**Task brief**
Range to output from the entries below: the line containing "unfoldable pub detect_proxies" through the line containing "abbrev add_lines : Bytes". Set it down exactly, ends included, nothing else.

**Record set**
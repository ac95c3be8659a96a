-- ===== src/Lib.antt =====
-- juju/utils: small packages of Go that Juju shares.
--
-- Parts and files:
--   Common, GoMap, Text: numbers, byte strings, results, Go's maps as lists of entries with one entry
--     for each key, and what the code uses of the packages `strings`, `encoding/hex` and
--     `encoding/base64`. Sorting is the package `sort`.
--   Set: set/strings.go (`Strings`) and set/tags.go (`Tags`). The operations that both files spell out
--     are generic; github.com/juju/names is the parameter `Names`.
--   KeyValues: keyvalues/keyvalues.go, `Parse`.
--   Limiter: limiter.go, a channel with its buffer and its blocked senders. Each call is one step.
--   Attempt: attempt.go. Times are unbounded integers of nanoseconds, and each reading of the clock is
--     an argument.
--   Uuid: uuid.go. The random bytes are an argument.
--   Voyeur: voyeur/value.go. What a goroutine does under the mutex is one step of a machine, and so is
--     each broadcast.
--   DebugStatus: debugstatus/status.go. The variable that `Rename` captures is part of the state.
--   Parallel.Run: parallel/parallel.go, with the runners as a list and any order of their steps.
--   Parallel.Try: parallel/try.go. The loop by the cases of its `select`, and a machine that counts the
--     goroutines that stand at each place.
--   FileLock: fslock/fslock.go. The calls of the operating system by several clients, one at a time;
--     a rename fails if its target exists, and the removal of a directory is one step. Waiting has
--     `NewLock` and the waiting loop.
--   Proxy: proxy/proxy.go. The environment is a function from names to values.
--   Registry: registry/registry.go. The conversion of an object to the required type is an argument.
--   YamlFile: `WriteYaml` and `ReadYaml` of trivial.go; gopkg.in/yaml.v1 is the parameter `Yaml`.
--   Hashing: hash/writer.go, and `ReadSHA256` of trivial.go; a hash function is the parameter `Hash`.
--   Password: password.go; the hash functions are the parameter `Crypto`.
--   JsonHttp: jsonhttp/jsonhttp.go. A handler is the list of its calls on the writer, and its error.
--     Answers has the response that net/http makes of such calls.
--   BasicAuth: `BasicAuthHeader` of http.go.
--   Network: `dial`, the clients of http.go, and `GetIPv4Address` of network.go; the package net is the
--     parameter `Net`.
--   Timers: timeit.go. Pointers to timers are places in a list.
--   Tailer: tailer/tailer.go. The file is a list of bytes that grows between the polls.
--   Shell: `ShQuote` and `CommandString` of trivial.go, and shell/script.go; Reader is what a POSIX
--     shell makes of a text.
--   FeatureFlag: featureflag/flags.go. The package's set of flags is passed from call to call.
--   AtomicWrite: `AtomicWriteFile` of file.go. The disk is a function from names to files, and each call
--     of the operating system shows a new disk.
--   UniqueDirectory: `UniqueDirectory` and `JoinServerPath` of file.go. The loop's rounds are bounded by
--     fuel; a free name among the first n is proved to be found in n rounds.
--   Exec: exec/exec.go. A panic is `none`; what os/exec makes of a command is the parameter `System`.
--   Sizes: size.go, on ASCII texts, with `int` of any width; floating-point numbers are the parameter
--     `Floats`.
--   Symlink: symlink/symlink.go on a POSIX system. The disk is a function from paths to entries.
--   FsCopy: fs/copy.go. The source and the destination are two trees of files, so a copy into the source
--     itself is not modelled; any call may fail.
--   Tar: tar/tar.go. A tree is as in FsCopy, an archive a list of entries; Listing has the files of a tree.
--     Text.Path.Printed has the paths that are joined from names, Text.Path.Parents those of the directories
--     above a path, which `os.MkdirAll` makes.
--   Zip: zip/zip.go, the paths that an archive is extracted to. Text.Path has what it uses of the packages
--     `path` and `path/filepath`, for systems whose separator is the slash.
--   Apt: apt/apt.go. How each run of apt-get ends is an argument; Attempt has the retries.
--   FileStorage: filestorage/metadata.go, metadata_store.go (Documents) and wrapper.go. The two stores
--     that wrapper.go joins are the parameter `Stores`; `IsStore` has the laws that the comments of
--     interfaces.go document.
--   Examples: the theorems at concrete inputs, with a store in memory that meets `IsStore`.
--
-- A Go string is a list of bytes. A panic is the `none` of an outer `Option`; an error is a
-- constructor of a result type, with the values that its message quotes. Loops are over lists, also
-- over the list of what the environment does in each round, but for that of `UniqueDirectory`, two
-- loops of Tailer and the recursion of `timer.String`: a round of `SeekLastLines` moves back over the
-- file, so its length is enough fuel, as is the length of the rest for a poll, and the number of timers
-- is enough for nested calls of `Timeit`. Each is proved to end within it.
--
-- Not modelled: input and output, calls of the operating system other than those that the parts above
-- describe, the files for Windows, what apt/apt.go reads from the output of apt-config and dpkg-query,
-- the compression in trivial.go, and command.go, readpass, uptime, gomaxprocs.go, isubuntu.go and the
-- home directories, which only wrap calls of the system.
pub mod Common
pub mod FsCopy
pub mod Zip
pub mod UniqueDirectory
pub mod Exec
pub mod GoMap
pub mod BasicAuth
pub mod JsonHttp
pub mod Hashing
pub mod Password
pub mod YamlFile
pub mod Registry
pub mod Sorting
pub mod Text
pub mod Set
pub mod Symlink
pub mod Sizes
pub mod KeyValues
pub mod Limiter
pub mod Network
pub mod AtomicWrite
pub mod Attempt
pub mod Uuid
pub mod Voyeur
pub mod DebugStatus
pub mod Parallel
pub mod FileLock
pub mod Proxy
pub mod Tailer
pub mod Tar
pub mod Timers
pub mod Shell
pub mod FeatureFlag
pub mod Apt
pub mod FileStorage
mod Examples
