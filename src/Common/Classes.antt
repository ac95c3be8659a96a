-- ===== src/Common/Classes.antt =====
-- Equality as an interface: what Go asks of the key type of a map.
use Prim.Native.Nat.{ℕ}
use mathlib.Core.Path.{◌≡◌, refl}
use mathlib.Core.Logic.{◌↔◌}
use mathlib.Core.Bool.{Bool, true, false}
use juju_utils.Common.Tests.{nat_beq, nat_beq_iff}

pub record Eq {ℓ} (K : Type ℓ) : Type ℓ where
  pub beq : K → K → Bool
  -- The test decides equality.
  pub beq_iff : (x y : K) → (beq x y ≡ true) ↔ (x ≡ y)

-- A strict total order, with its test.
pub record Order {ℓ} (K : Type ℓ) : Type ℓ where
  pub lt : K → K → Bool
  pub lt_irrefl : (x : K) → lt x x ≡ false
  pub lt_trans : (x y z : K) → lt x y ≡ true → lt y z ≡ true → lt x z ≡ true
  pub lt_total : (x y : K) → lt x y ≡ false → lt y x ≡ false → x ≡ y

instance abbrev pub nat_eq : Eq ℕ
nat_eq = record { beq = nat_beq; beq_iff = nat_beq_iff }

module _ {ℓ} {K : Type ℓ} ⦃eq : Eq K⦄ where
  infix 50 ◌==◌
  abbrev pub ◌==◌ : K → K → Bool
  x == y = eq.beq x y

  pub beq_refl : (x : K) → (x == x) ≡ true
  beq_refl x = (eq.beq_iff x x).1 refl
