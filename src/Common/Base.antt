-- ===== src/Common/Base.antt =====
-- What the integers of `Int` stand on.
pub use Prim.Native.Nat.{ℕ, suc, ◌+◌, ◌-◌, ◌*◌, ◌≤◌}
pub use mathlib.Core.Path.{◌≡◌, refl}
pub use mathlib.Core.Logic.{◌⊎◌, ◌↔◌}
pub use mathlib.Core.Bool.{Bool, true}
pub use native.Mathlib.Omega.{arith}
pub use juju_utils.Common.Tests.{ltb, leb, nat_beq, if◌then◌else◌}
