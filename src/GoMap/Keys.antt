-- ===== src/GoMap/Keys.antt =====
-- The keys that `range m` visits.
use juju_utils.Common.{
  suc, ◌≡◌, refl, Bool, false, List, [], ◌∷◌, ◌||◌, arith, length, Eq, ◌==◌, is_some, ap,
}
use juju_utils.GoMap.{Map, lookup, IsMap}

module _ {ℓ} {K : Type ℓ} ⦃e : Eq K⦄ where
  -- Whether a list holds a key.
  unfoldable pub elem : K → List K → Bool
  elem k [] = false
  elem k (j ∷ ks) = (j == k) || elem k ks

  -- No key stands in the list twice.
  abbrev pub Distinct : List K → Type 0
  Distinct [] = Unit
  Distinct (k ∷ ks) = (elem k ks ≡ false) × Distinct ks

module _ {ℓ κ} {K : Type ℓ} {V : Type κ} where
  unfoldable pub keys : Map K V → List K
  keys [] = []
  keys ((k, v) ∷ m) = k ∷ keys m

  pub length-keys : (m : Map K V) → length (keys m) ≡ length m
  unfolding keys
  length-keys [] = refl
  length-keys ((k, v) ∷ m) = ap suc (length-keys m)

module _ {ℓ κ} {K : Type ℓ} {V : Type κ} ⦃e : Eq K⦄ where
  pub elem-keys : (k : K) (m : Map K V) → elem k (keys m) ≡ is_some (lookup k m)
  unfolding elem keys lookup
  elem-keys k [] = refl
  elem-keys k ((j, v) ∷ m) = ground (arith, elem-keys k m)

  pub keys-Distinct : (m : Map K V) → IsMap m → Distinct (keys m)
  unfolding keys
  keys-Distinct [] h = tt
  keys-Distinct ((k, v) ∷ m) h = (rw (elem-keys k m, h.0), keys-Distinct m h.1)
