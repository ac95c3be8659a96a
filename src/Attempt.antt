-- ===== src/Attempt.antt =====
-- attempt.go: a bounded sequence of attempts. Times and durations are integers of nanoseconds,
-- without int64's bounds; each `time.Now()` is an argument.
pub mod Promises
pub mod Pacing
pub mod Bound
use juju_utils.Common.{ℕ, ◌+◌, Bool, true, false, ◌&&◌, ◌||◌, not, if◌then◌else◌, ltb, leb}
use juju_utils.Common.Int.{ℤ, pos, ◌+ℤ◌, ◌-ℤ◌, ltb_ℤ}

pub record AttemptStrategy : Type 0 where
  pub total : ℤ
  pub delay : ℤ
  pub minimum : ℤ

pub record Attempt : Type 0 where
  pub strategy : AttemptStrategy
  pub last : ℤ
  pub end : ℤ
  pub force : Bool
  pub count : ℕ

-- `Start`, at the time `now`.
unfoldable pub start : AttemptStrategy → ℤ → Attempt
start s now = record { strategy = s; last = now; end = now +ℤ s.total; force = true; count = 0 }

-- `nextSleep`.
unfoldable pub next_sleep : Attempt → ℤ → ℤ
next_sleep a now =
    let sleep = a.strategy.delay -ℤ (now -ℤ a.last) in if ltb_ℤ sleep (pos 0) then pos 0 else sleep

-- The test by which `Next` gives up.
unfoldable pub gives_up : ℤ → Attempt → Bool
gives_up now a =
    not a.force
    && (not (ltb_ℤ (now +ℤ next_sleep a now) a.end) && not (ltb_ℤ (pos a.count) a.strategy.minimum))

-- Whether `Next` sleeps before it returns true.
unfoldable pub sleeps : ℤ → Attempt → Bool
sleeps now a = ltb_ℤ (pos 0) (next_sleep a now) && ltb 0 a.count

-- The attempt that starts at the time `t`.
unfoldable pub again : ℤ → Attempt → Attempt
again t a = record a { force = false; count = a.count + 1; last = t }

-- `Next`, which reads the clock at `now` and, if it sleeps, again at `woken`.
unfoldable pub next : ℤ → ℤ → Attempt → Bool × Attempt
next now woken a =
    if gives_up now a then (false, a) else (true, again (if sleeps now a then woken else now) a)

-- `HasNext`, which reads the clock at `now` unless an earlier test decides.
unfoldable pub has_next : ℤ → Attempt → Bool × Attempt
has_next now a =
    if a.force || ltb_ℤ (pos a.count) a.strategy.minimum
    then (true, a)
    else if ltb_ℤ (now +ℤ next_sleep a now) a.end
    then (true, record a { force = true })
    else (false, a)
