-- ===== src/Proxy.antt =====
-- proxy/proxy.go: proxy settings and the environment, which is a function: `os.Getenv` of a variable
-- that is not set is the empty string.
use juju_utils.Common.{◌≡◌, ◌-◌, arith, ◌&&◌, List, [], ◌∷◌, ◌++◌, if◌then◌else◌, leb, ◌==◌}
use juju_utils.Common.Bytes.{Bytes, bytes_eq, bytes_beq_iff, codes}

abbrev pub Environment : Type 0
Environment = Bytes → Bytes

-- `Settings`.
pub record Settings : Type 0 where
  pub http : Bytes
  pub https : Bytes
  pub ftp : Bytes
  pub no_proxy : Bytes

-- `strings.ToUpper`, of the ASCII names that it is called on.
abbrev to_upper : Bytes → Bytes
to_upper [] = []
to_upper (c ∷ s) = (if leb b'a' c && leb c b'z' then c - 32 else c) ∷ to_upper s

abbrev setenv : Bytes → Bytes → Environment → Environment
setenv key value env k = if key == k then value else env k

-- `getSetting`.
unfoldable pub get_setting : Environment → Bytes → Bytes
get_setting env key = let value = env key in if value == [] then env (to_upper key) else value

-- `DetectProxies`.
unfoldable pub detect_proxies : Environment → Settings
unfolding get_setting
detect_proxies env = record {
  http = get_setting env (codes "http_proxy");
  https = get_setting env (codes "https_proxy");
  ftp = get_setting env (codes "ftp_proxy");
  no_proxy = get_setting env (codes "no_proxy");
}

-- `setenv` in `SetEnvironmentValues`.
abbrev set_both : Bytes → Bytes → Environment → Environment
set_both proxy value env = setenv (to_upper proxy) value (setenv proxy value env)

-- `SetEnvironmentValues`.
unfoldable pub set_environment_values : Settings → Environment → Environment
set_environment_values s env = set_both (codes "no_proxy") s.no_proxy (
    set_both (codes "ftp_proxy") s.ftp
      (set_both (codes "https_proxy") s.https (set_both (codes "http_proxy") s.http env)))

-- `addLine` in `AsEnvironmentValues`, and in `AsScriptEnvironment` with a prefix.
abbrev add_line : Bytes → Bytes → Bytes → List Bytes → List Bytes
add_line before proxy value lines =
    if value == []
    then lines
    else lines
      ++ (before ++ (proxy ++ b'=' ∷ value)) ∷ ((before ++ (to_upper proxy ++ b'=' ∷ value)) ∷ [])

abbrev add_lines : Bytes → Settings → List Bytes
add_lines before s = add_line before (codes "no_proxy") s.no_proxy (
    add_line before (codes "ftp_proxy") s.ftp (
      add_line before (codes "https_proxy") s.https
        (add_line before (codes "http_proxy") s.http [])))

-- `AsEnvironmentValues`.
unfoldable pub as_environment_values : Settings → List Bytes
as_environment_values s = add_lines [] s

-- `strings.Join(lines, "\n")`.
abbrev join_lines : List Bytes → Bytes
join_lines [] = []
join_lines (line ∷ []) = line
join_lines (line ∷ next ∷ rest) = line ++ 10 ∷ join_lines (next ∷ rest)

-- `AsScriptEnvironment`.
unfoldable pub as_script_environment : Settings → Bytes
as_script_environment s = join_lines (add_lines (codes "export ") s)

-- What `SetEnvironmentValues` sets is what `DetectProxies` finds, in any environment and for empty
-- values too.
pub detect_proxies-set_environment_values :
    (s : Settings) (env : Environment) → detect_proxies (set_environment_values s env) ≡ s
unfolding detect_proxies get_setting set_environment_values
detect_proxies-set_environment_values s env = ground (
  arith,
  bytes_beq_iff s.http [],
  bytes_beq_iff s.https [],
  bytes_beq_iff s.ftp [],
  bytes_beq_iff s.no_proxy [],
)
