-- ===== src/FsCopy/Succeeds.antt =====
-- A copy without errors of the system succeeds, and keeps a tree whose owner has access to it.
use juju_utils.Common.{
  ℕ, suc, ◌≡◌, refl, arith, false, none, some, List, [], ◌∷◌, ◌++◌, ap, ap₂, ◌∙◌, ◌==◌,
}
use juju_utils.Common.Bytes.{Bytes, bytes_eq}
use juju_utils.FsCopy.{
  Call, Node, Nodes, file, dir, link, special, end, child, find, store, perm, accessible, System,
  start, copy_link, copy_file, copy_dir, close_dir, copy_data, unless_fault, unless_there,
  unless_unread, copy, copy_children,
}
use juju_utils.FsCopy.Complete.{whole, whole_nodes, followed_by, followed_by-end, store-followed_by}

-- No special files, and no name twice in a directory.
unfoldable mutual
  pub IsCopyable : Node → Type 0
  IsCopyable (file contents mode) = Unit
  IsCopyable (dir mode ns) = AreCopyable ns
  IsCopyable (link target) = Unit
  IsCopyable (special mode) = ⊥

  pub AreCopyable : Nodes → Type 0
  AreCopyable end = Unit
  AreCopyable (child name n rest) = IsCopyable n × (find name rest ≡ none) × AreCopyable rest

-- Modes are permissions, and the owner of a directory may read it or go through it.
unfoldable mutual
  pub IsPlain : Node → Type 0
  IsPlain (file contents mode) = perm mode ≡ mode
  IsPlain (dir mode ns) = (perm mode ≡ mode) × (accessible mode ≡ mode) × ArePlain ns
  IsPlain (link target) = Unit
  IsPlain (special mode) = Unit

  pub ArePlain : Nodes → Type 0
  ArePlain end = Unit
  ArePlain (child name n rest) = IsPlain n × ArePlain rest

-- No name of the first list is in the second.
abbrev pub Apart : Nodes → Nodes → Type 0
Apart end made = Unit
Apart (child name n rest) made = (find name made ≡ none) × Apart rest made

find-store :
    (name other : Bytes) (n : Node) (made : Nodes)
    → find other made ≡ none
    → (name == other) ≡ false
    → find other (store name (some n) made) ≡ none
find-store name other n end free distinct = ground arith
find-store name other n (child k m made) free distinct = ground (
  arith,
  find-store name other n made,
  bytes_eq.beq_iff k name,
  bytes_eq.beq_iff k other,
  bytes_eq.beq_iff name other,
)

Apart-store :
    (name : Bytes) (n : Node) (rest made : Nodes)
    → find name rest ≡ none
    → Apart rest made
    → Apart rest (store name (some n) made)
Apart-store name n end made new h = tt
Apart-store name n (child k m rest) made new h = (
  find-store name k n made h.0 (ground (arith, bytes_eq.beq_iff k name, bytes_eq.beq_iff name k)),
  Apart-store name n rest made (ground arith) h.1,
)

mutual
  unfolding whole IsPlain

  whole-plain : (n : Node) → IsPlain n → whole n ≡ n
  whole-plain (file contents mode) h = ap (file contents) h
  whole-plain (dir mode ns) h = rw (h.1, h.0, whole_nodes-plain ns h.2) refl
  whole-plain (link target) h = refl
  whole-plain (special mode) h = refl

  whole_nodes-plain : (ns : Nodes) → ArePlain ns → whole_nodes ns ≡ ns
  whole_nodes-plain end h = refl
  whole_nodes-plain (child name n rest) h =
      ap₂ (child name) (whole-plain n h.0) (whole_nodes-plain rest h.1)

Apart-end : (ns : Nodes) → Apart ns end
Apart-end end = tt
Apart-end (child k n rest) = (refl, Apart-end rest)

module _ {E : Type 0} (s : System E)
    (no_fault : (call : Call) (path : List Bytes) → s.fault call path ≡ none)
    (no_copy_error : (path : List Bytes) → s.copy_error path ≡ none) where
  mutual
    unfolding copy IsCopyable whole start copy_file copy_dir copy_link close_dir copy_data
        unless_fault unless_there unless_unread

    copy_succeeds :
        (n : Node) (path : List Bytes) → IsCopyable n → copy s n path none ≡ (none, some (whole n))
    copy_succeeds (file contents mode) path h = simp (no_fault, no_copy_error)
    copy_succeeds (dir mode ns) path h =
        rw
          (
            no_fault,
            no_fault,
            no_fault,
            no_fault,
            copy_children_succeeds ns path 0 end h (Apart-end ns),
          )
          (rw (no_fault) refl)
    copy_succeeds (link target) path h = simp (no_fault)
    copy_succeeds (special mode) path h = absurd h

    copy_children_succeeds :
        (ns : Nodes) (path : List Bytes) (i : ℕ) (made : Nodes)
        → AreCopyable ns
        → Apart ns made
        → copy_children s ns path i made ≡ (none, followed_by made (whole_nodes ns))
    copy_children_succeeds end path i made h apart = rw (no_fault, followed_by-end made) refl
    copy_children_succeeds (child name n rest) path i made h apart =
        rw (no_fault, apart.0, copy_succeeds n (path ++ name ∷ []) h.0)
          (copy_children_succeeds rest path (suc i) (store name (some (whole n)) made) h.2
              (Apart-store name (whole n) rest made h.1 apart.1)
            ∙ ap (λ (ns : Nodes). (none, ns))
                (store-followed_by name (whole n) made (whole_nodes rest) apart.0))

  -- If no call fails, `Copy` of a tree without special files, in which no directory has a name twice,
  -- succeeds where there is nothing, and makes the whole copy of it: all its files, directories and
  -- links, with the permissions of the modes, to which those of the owner to read and to go through are
  -- added for a directory that grants its owner neither.
  pub copy_complete :
      (n : Node) (path : List Bytes) → IsCopyable n → copy s n path none ≡ (none, some (whole n))
  copy_complete n path copyable = copy_succeeds n path copyable

  -- If moreover the modes are permissions, and the owner of each directory may read it or go through it,
  -- the copy is the tree itself.
  pub copy-plain :
      (n : Node) (path : List Bytes)
      → IsCopyable n
      → IsPlain n
      → copy s n path none ≡ (none, some n)
  copy-plain n path copyable plain =
      copy_succeeds n path copyable ∙ ap (λ (m : Node). (none, some m)) (whole-plain n plain)
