-- ===== src/Examples/Copies.antt =====
-- Copies at concrete inputs.
use juju_utils.Common.{ℕ, ◌≡◌, refl, Option, none, some, []}
use juju_utils.Common.Bytes.{bytes_eq, codes}
use juju_utils.FsCopy.{
  Node, file, dir, link, end, child, System, will_not_overwrite, copy, start, unless_fault,
  unless_there, unless_unread, copy_dir, copy_file, copy_link, copy_data, close_dir, accessible,
}
use juju_utils.FsCopy.Complete.{whole, copy-whole}
use juju_utils.FsCopy.Succeeds.{IsCopyable, copy_complete}

abbrev fault_free : System ℕ
fault_free = record { fault = λ call path. none; copy_error = λ path. none; umask = λ mode. mode }

abbrev project : Node
project = dir 0o755 (
    child (codes "README") (file (codes "hi") 0o644)
      (child (codes "src") (dir 0o700 (child (codes "main") (link (codes "../README")) end)) end))

copied_project : copy fault_free project [] none ≡ (none, some project)
unfolding copy start unless_fault unless_there unless_unread copy_dir copy_file copy_link copy_data
    close_dir accessible
copied_project = refl

copy_complete_example : copy fault_free project [] none ≡ (none, some (whole project))
unfolding IsCopyable
copy_complete_example =
    copy_complete fault_free (λ call path. refl) (λ path. refl) project []
      (tt, refl, ((tt, refl, tt), refl, tt))

copy-whole_example : (◌≡◌ {A = Option Node} none none) × (some project ≡ some (whole project))
copy-whole_example = copy-whole fault_free project [] none (some project) copied_project

-- A directory that its owner may neither read nor enter is copied with another mode.
mode_changed : copy fault_free (dir 0o070 end) [] none ≡ (none, some (dir 0o570 end))
unfolding copy start unless_fault unless_there unless_unread copy_dir close_dir accessible
mode_changed = refl

kept : copy fault_free project [] (some project) ≡ (some (will_not_overwrite []), some project)
unfolding copy start unless_fault unless_there
kept = refl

**Output for this task**
unfoldable pub detect_proxies : Environment → Settings
unfolding get_setting
detect_proxies env = record {
  http = get_setting env (codes "http_proxy");
  https = get_setting env (codes "https_proxy");
  ftp = get_setting env (codes "ftp_proxy");
  no_proxy = get_setting env (codes "no_proxy");
}

-- `setenv` in `SetEnvironmentValues`.
abbrev set_both : Bytes → Bytes → Environment → Environment
set_both proxy value env = setenv (to_upper proxy) value (setenv proxy value env)

-- `SetEnvironmentValues`.
unfoldable pub set_environment_values : Settings → Environment → Environment
set_environment_values s env = set_both (codes "no_proxy") s.no_proxy (
    set_both (codes "ftp_proxy") s.ftp
      (set_both (codes "https_proxy") s.https (set_both (codes "http_proxy") s.http env)))

-- `addLine` in `AsEnvironmentValues`, and in `AsScriptEnvironment` with a prefix.
abbrev add_line : Bytes → Bytes → Bytes → List Bytes → List Bytes
add_line before proxy value lines =
    if value == []
    then lines
    else lines
      ++ (before ++ (proxy ++ b'=' ∷ value)) ∷ ((before ++ (to_upper proxy ++ b'=' ∷ value)) ∷ [])

abbrev add_lines : Bytes → Settings → List Bytes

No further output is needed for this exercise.